Le secret dans nos assiettes : comment choisir le bon riz peut aider notre planète
Auteur: Mathieu Gagnon
Le coupable n'est pas toujours l'engrais
Pendant longtemps, on a cru que la quantité d’engrais était le principal problème. Mais une équipe de chercheurs menée par Conor Walthall de l’Université de Cranfield a tout remis en question. Ils ont analysé les données de 42 essais différents, sur 180 variétés de riz à travers le monde. Leur découverte est fondamentale : pour le méthane, un gaz à effet de serre très puissant, c’est la génétique du riz, bien plus que l’engrais, qui détermine la quantité de gaz relâchée.
En d’autres termes, certaines variétés de riz sont naturellement plus « propres » que d’autres. C’est une nouvelle incroyable. Bien sûr, pour un autre gaz, l’oxyde nitreux, c’est bien l’excès d’engrais azoté qui reste le principal responsable. Mais pour le méthane, la clé se trouve dans les gènes de la plante elle-même.
Comment les racines du riz libèrent-elles du gaz ?
Pour comprendre, il faut regarder sous la terre, au niveau des racines. Les plants de riz ont une particularité : leurs racines contiennent des tissus remplis d’air, un peu comme de minuscules pailles. On appelle ça des aérenchymes. Ces « pailles » permettent aux gaz de circuler entre la terre et l’air. C’est par là que le méthane, produit par des microbes dans le sol inondé des rizières, s’échappe dans l’atmosphère.
Ce qu’on a découvert, c’est que la taille de ces pailles et les substances que les racines libèrent varient beaucoup d’une variété de riz à l’autre. Et ça change tout ! Il faut savoir que le méthane est un sacré problème : sur 20 ans, il réchauffe l’atmosphère environ 81 fois plus que le dioxyde de carbone (CO2). Réduire ces émissions, même si elles semblent petites en quantité, a donc un effet gigantesque.

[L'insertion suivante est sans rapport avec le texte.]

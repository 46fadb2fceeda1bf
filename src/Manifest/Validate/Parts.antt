-- ===== src/Manifest/Validate/Parts.antt =====
-- What it means that each loop body of `validate` pushes no error.
use chromifer.Base.{
  String, ◌≡◌, ◌≢◌, ◌↔◌, refl, not, ◌&&◌, List, [], ◌∷◌, Option, none, some, In, All, arith,
  append-eq-nil, concat_map_iff, map, ◌==◌, string_eq, string_ord, eq_iff, is_empty,
}
use chromifer.Base.Sets.{member_iff, insert}
use chromifer.Manifest.Data.{
  ids_of_targets, ids_of_gates, ids_of_modules, Project, InventoryMetadata, CompatibilityGate,
  Dependency, Module, ModuleOwnership, Manifest, MigrationState, legacy_cpp, state_eq,
}
use chromifer.Manifest.Errors.{ValidationError, missing_compatibility_gate}
use chromifer.Manifest.Checks.{push_if, check_nonempty}
use chromifer.Manifest.Checks.Laws.{
  HasText, push_if-eq-nil, check_nonempty-eq-nil, check_source_location-eq-nil,
  validate_gate_execution-eq-nil, check_inputs-eq-nil, AllNew, AllNew-cons,
}
use chromifer.Manifest.Checks.Ownership.{IsValidOwnership, check_ownership-eq-nil}
use chromifer.Manifest.Validate.{
  check_project, check_inventory, check_known_target, check_gate, check_optional_ownership,
  check_review, check_evidence, check_known_gate, check_dependency_target, edge_name,
  check_dependencies, check_module,
}
use chromifer.Manifest.Validate.Spec.{
  IsValidProject, IsValidInventory, IsValidGate, IsLocatedReview, IsLocatedEvidence,
  IsValidDependency, IsValidModule,
}

pub check_project-eq-nil : (p : Project) → (check_project p ≡ []) ↔ IsValidProject p
unfolding check_project
check_project-eq-nil p = (
  λ h. record { name = ground arith; upstream = ground arith; baseline = ground arith },
  λ v. ground arith,
)

fields : (j : InventoryMetadata) → check_inventory (some j) ≡ [] → IsValidInventory j
unfolding check_inventory
fields j h = record {
  source_format = ground arith;
  build_dir = ground arith;
  default_toolchain = ground arith;
}

pub check_inventory-eq-nil :
    (o : Option InventoryMetadata)
    → (check_inventory o ≡ []) ↔ ((i : InventoryMetadata) → o ≡ some i → IsValidInventory i)
unfolding check_inventory
check_inventory-eq-nil none = (λ h i e. cc, λ h. refl)
check_inventory-eq-nil (some j) =
    (λ h i e. let same : i ≡ j = cc in rw same (fields j h), λ h. let v = h j refl in ground arith)

pub nothing-In_nil : (xs : List String) → All (λ x. ¬ In x []) xs
nothing-In_nil [] = tt
nothing-In_nil (x ∷ xs) = (λ m. elim m [ ], nothing-In_nil xs)

gated_iff :
    (s : MigrationState) (gates : List String) (e : ValidationError)
    → (push_if (not (s == legacy_cpp) && is_empty gates) e ≡ []) ↔ (s ≢ legacy_cpp → gates ≢ [])
gated_iff legacy_cpp gates e = (λ h n. absurd (n refl), λ h. refl)
gated_iff _ [] e = (λ h n. cc, λ h. absurd (h (λ q. cc) refl))
gated_iff _ (g ∷ gates) e = (λ h n q. cc, λ h. refl)

-- `ids`, a set that the code has collected, holds the ids that are listed in `listed`.
abbrev pub Holds : List String → List String → Type 0
Holds ids listed = (a : String) → In a ids ↔ In a listed

module _ (m : Manifest) where
  pub check_gate-eq-nil :
      (target_ids : List String) (g : CompatibilityGate)
      → Holds target_ids (ids_of_targets m.targets)
      → (check_gate target_ids g ≡ []) ↔ IsValidGate m g
  unfolding check_gate check_known_target
  check_gate-eq-nil target_ids g same =
      let execution = validate_gate_execution-eq-nil g in
      let inputs = check_inputs-eq-nil g.id [] g.inputs in
      let targets =
        concat_map_iff {P = λ t. In t (ids_of_targets m.targets)}
          (check_known_target target_ids g.id) g.targets
          (λ t. ground (arith, member_iff target_ids t, same t)) in
      (
        λ h.
            let (a, rest) = (append-eq-nil _ _).0 h in
            let (b, c) = (append-eq-nil _ _).0 rest in
            record {
              execution = execution.0 a;
              inputs = (inputs.0 b).0;
              inputs_once = (inputs.0 b).1.1;
              targets = targets.0 c;
            },
        λ v. (append-eq-nil _ _).1 (
          execution.1 v.execution,
          (append-eq-nil _ _).1
              (inputs.1 (v.inputs, (nothing-In_nil _, v.inputs_once)), targets.1 v.targets),
        ),
      )

  check_dependency-eq-nil :
      (module_ids : List String) (owner dependency : String)
      → Holds module_ids (ids_of_modules m.modules)
      → (check_dependency_target module_ids owner dependency ≡ [])
        ↔ ((dependency ≢ owner) × In dependency (ids_of_modules m.modules))
  unfolding check_dependency_target
  check_dependency-eq-nil module_ids owner d same =
      ground (arith, eq_iff d owner, member_iff module_ids d, same d)

  pub check_dependencies-eq-nil :
      (module_ids : List String) (owner : String) (seen : List String) (ds : List Dependency)
      → Holds module_ids (ids_of_modules m.modules)
      → (check_dependencies module_ids owner seen ds ≡ []) ↔ (
          All (IsValidDependency m owner) ds
          × AllNew seen (map (λ (d : Dependency). d.module_id) ds))
  unfolding check_dependencies
  check_dependencies-eq-nil module_ids owner seen [] same = (λ h. (tt, (tt, tt)), λ h. refl)
  check_dependencies-eq-nil module_ids owner seen (d ∷ ds) same =
      let target = check_dependency-eq-nil module_ids owner d.module_id same in
      let evidence =
        concat_map_iff {P = IsLocatedEvidence} (check_evidence (edge_name owner d.module_id))
          d.evidence
          (λ e. unfold check_evidence in check_source_location-eq-nil _ _ e.file e.line e.detail) in
      let reviews =
        concat_map_iff {P = IsLocatedReview}
          (check_review "boundary review" (edge_name owner d.module_id)) d.reviews
          (λ e. unfold check_review in check_source_location-eq-nil _ _ e.file e.line e.detail) in
      let rest = check_dependencies-eq-nil module_ids owner (insert d.module_id seen) ds same in
      let new = AllNew-cons seen d.module_id (map (λ (d : Dependency). d.module_id) ds) in
      (
        λ h.
            let (a, h1) = (append-eq-nil _ _).0 h in
            let (b, h2) = (append-eq-nil _ _).0 h1 in
            let (c, h3) = (append-eq-nil _ _).0 h2 in
            let (e, f) = (append-eq-nil _ _).0 h3 in
            let t = target.0 a in
            let r = rest.0 f in
            (
              (
                record { other = t.0; known = t.1; evidence = evidence.0 c; reviews = reviews.0 e },
                r.0,
              ),
              new.1 ((push_if-eq-nil _ _).0 b, r.1),
            ),
        λ v.
            let n = new.0 v.1 in
            let one = v.0.0 in
            (append-eq-nil _ _).1 (
              target.1 (one.other, one.known),
              (append-eq-nil _ _).1 (
                (push_if-eq-nil _ _).1 n.0,
                (append-eq-nil _ _).1 (
                  evidence.1 one.evidence,
                  (append-eq-nil _ _).1 (reviews.1 one.reviews, rest.1 (v.0.1, n.1)),
                ),
              ),
            ),
      )

  check_gated-eq-nil :
      (x : Module)
      → (push_if
            (not (x.state == legacy_cpp) && is_empty x.gates)
            (missing_compatibility_gate x.id x.state)
          ≡ [])
        ↔ (x.state ≢ legacy_cpp → x.gates ≢ [])
  check_gated-eq-nil x = gated_iff x.state x.gates (missing_compatibility_gate x.id x.state)

  check_optional_ownership-eq-nil :
      (owner : String) (o : Option ModuleOwnership)
      → (check_optional_ownership owner o ≡ [])
        ↔ ((w : ModuleOwnership) → o ≡ some w → IsValidOwnership w)
  unfolding check_optional_ownership
  check_optional_ownership-eq-nil owner none = (λ h w e. cc, λ h. refl)
  check_optional_ownership-eq-nil owner (some o) = (
    λ h w e. let same : w ≡ o = cc in rw same ((check_ownership-eq-nil owner o).0 h),
    λ h. (check_ownership-eq-nil owner o).1 (h o refl),
  )

  pub check_module-eq-nil :
      (gate_ids module_ids : List String) (x : Module)
      → Holds gate_ids (ids_of_gates m.gates)
      → Holds module_ids (ids_of_modules m.modules)
      → (check_module gate_ids module_ids x ≡ []) ↔ IsValidModule m x
  unfolding check_module check_known_gate
  check_module-eq-nil gate_ids module_ids x same_gates same_modules =
      let path = check_nonempty-eq-nil "module" x.id "path" x.path in
      let owner = check_nonempty-eq-nil "module" x.id "owner" x.owner in
      let ownership = check_optional_ownership-eq-nil x.id x.ownership in
      let sources =
        concat_map_iff {P = HasText} (check_nonempty "module" x.id "source") x.sources
          (check_nonempty-eq-nil "module" x.id "source") in
      let reviews =
        concat_map_iff {P = IsLocatedReview} (check_review "module review" x.id) x.reviews
          (λ e. unfold check_review in check_source_location-eq-nil _ _ e.file e.line e.detail) in
      let gated = check_gated-eq-nil x in
      let gates =
        concat_map_iff {P = λ g. In g (ids_of_gates m.gates)} (check_known_gate gate_ids x.id)
          x.gates (λ g. ground (arith, member_iff gate_ids g, same_gates g)) in
      let dependencies = check_dependencies-eq-nil module_ids x.id [] x.dependencies same_modules in
      (
        λ h.
            let (a, h1) = (append-eq-nil _ _).0 h in
            let (b, h2) = (append-eq-nil _ _).0 h1 in
            let (c, h3) = (append-eq-nil _ _).0 h2 in
            let (d, h4) = (append-eq-nil _ _).0 h3 in
            let (e, h5) = (append-eq-nil _ _).0 h4 in
            let (f, h6) = (append-eq-nil _ _).0 h5 in
            let (g, h7) = (append-eq-nil _ _).0 h6 in
            let deps = dependencies.0 h7 in
            record {
              path = path.0 a;
              owner = owner.0 b;
              ownership = ownership.0 c;
              sources = sources.0 d;
              reviews = reviews.0 e;
              gated = gated.0 f;
              gates = gates.0 g;
              dependencies = deps.0;
              dependencies_once = deps.1.1;
            },
        λ v. (append-eq-nil _ _).1 (
          path.1 v.path,
          (append-eq-nil _ _).1 (
            owner.1 v.owner,
            (append-eq-nil _ _).1 (
              ownership.1 v.ownership,
              (append-eq-nil _ _).1 (
                sources.1 v.sources,
                (append-eq-nil _ _).1 (
                  reviews.1 v.reviews,
                  (append-eq-nil _ _).1 (
                    gated.1 v.gated,
                    (append-eq-nil _ _).1 (
                      gates.1 v.gates,
                      dependencies.1 (v.dependencies, (nothing-In_nil _, v.dependencies_once)),
                    ),
                  ),
                ),
              ),
            ),
          ),
        ),
      )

Créer un riz plus 'propre' pour l'avenir
Maintenant qu’on sait ça, que fait-on ? L’idée est de créer, ou plutôt de sélectionner, des variétés de riz qui sont à la fois productives et qui émettent peu de méthane. C’est là que la technologie moderne nous aide. Grâce à des outils comme la « sélection génomique », les scientifiques peuvent analyser l’ADN d’un plant de riz et prédire s’il sera un bon candidat, sans même avoir besoin de le cultiver pendant des années.
En gros, on cherche le riz parfait : celui qui a de plus petites « pailles » dans ses racines et qui utilise l’engrais efficacement, pour qu’il pousse bien sans polluer. C’est un travail de patience, mais les banques de semences publiques et les instituts agricoles du monde entier pourraient bientôt intégrer ces critères dans leurs programmes de sélection.
L'azote, un équilibre délicat à trouver
N’oublions pas l’autre gaz, l’oxyde nitreux. Lui, il est directement lié à l’engrais azoté. Quand on en met trop, plus que ce que la plante peut absorber, le surplus s’échappe dans l’air sous forme de ce gaz très polluant. C’est un vrai gaspillage, pour le portefeuille de l’agriculteur et pour la planète.
La solution ? D’une part, appliquer la juste dose d’engrais, au bon moment. D’autre part, là encore, la génétique peut aider. En sélectionnant des variétés de riz qui sont plus efficaces pour transformer l’engrais en grains, on peut obtenir la même récolte avec moins d’engrais. Et donc, moins de pollution. C’est gagnant-gagnant.
Du champ à la politique climatique mondiale
Cette approche est vraiment intéressante car elle pourrait aider les pays à atteindre leurs objectifs climatiques, comme ceux de l’Accord de Paris, sans demander aux agriculteurs de changer radicalement leurs habitudes. C’est plus simple de leur proposer une nouvelle semence que de leur demander de refaire tout leur système d’irrigation.
Mieux encore, des programmes financiers commencent à voir le jour pour récompenser les agriculteurs qui font des efforts pour réduire leurs émissions. Cultiver un riz « faible en méthane » pourrait donc, à l’avenir, leur rapporter de l’argent via des crédits carbone ou des certifications de durabilité. Ça rend le changement concret et attractif.
Conclusion : Un espoir immense, mais encore du chemin à faire
Bien sûr, il reste du travail. La plupart des études ont été faites en Asie, dans des rizières inondées. Il faut vérifier que ça marche aussi dans d’autres conditions. Mais le principe est là. Et ce qui est valable pour le riz pourrait l’être demain pour le blé, le maïs… C’est peut-être le début d’une agriculture plus intelligente, qui nourrit les hommes tout en prenant soin de notre maison commune.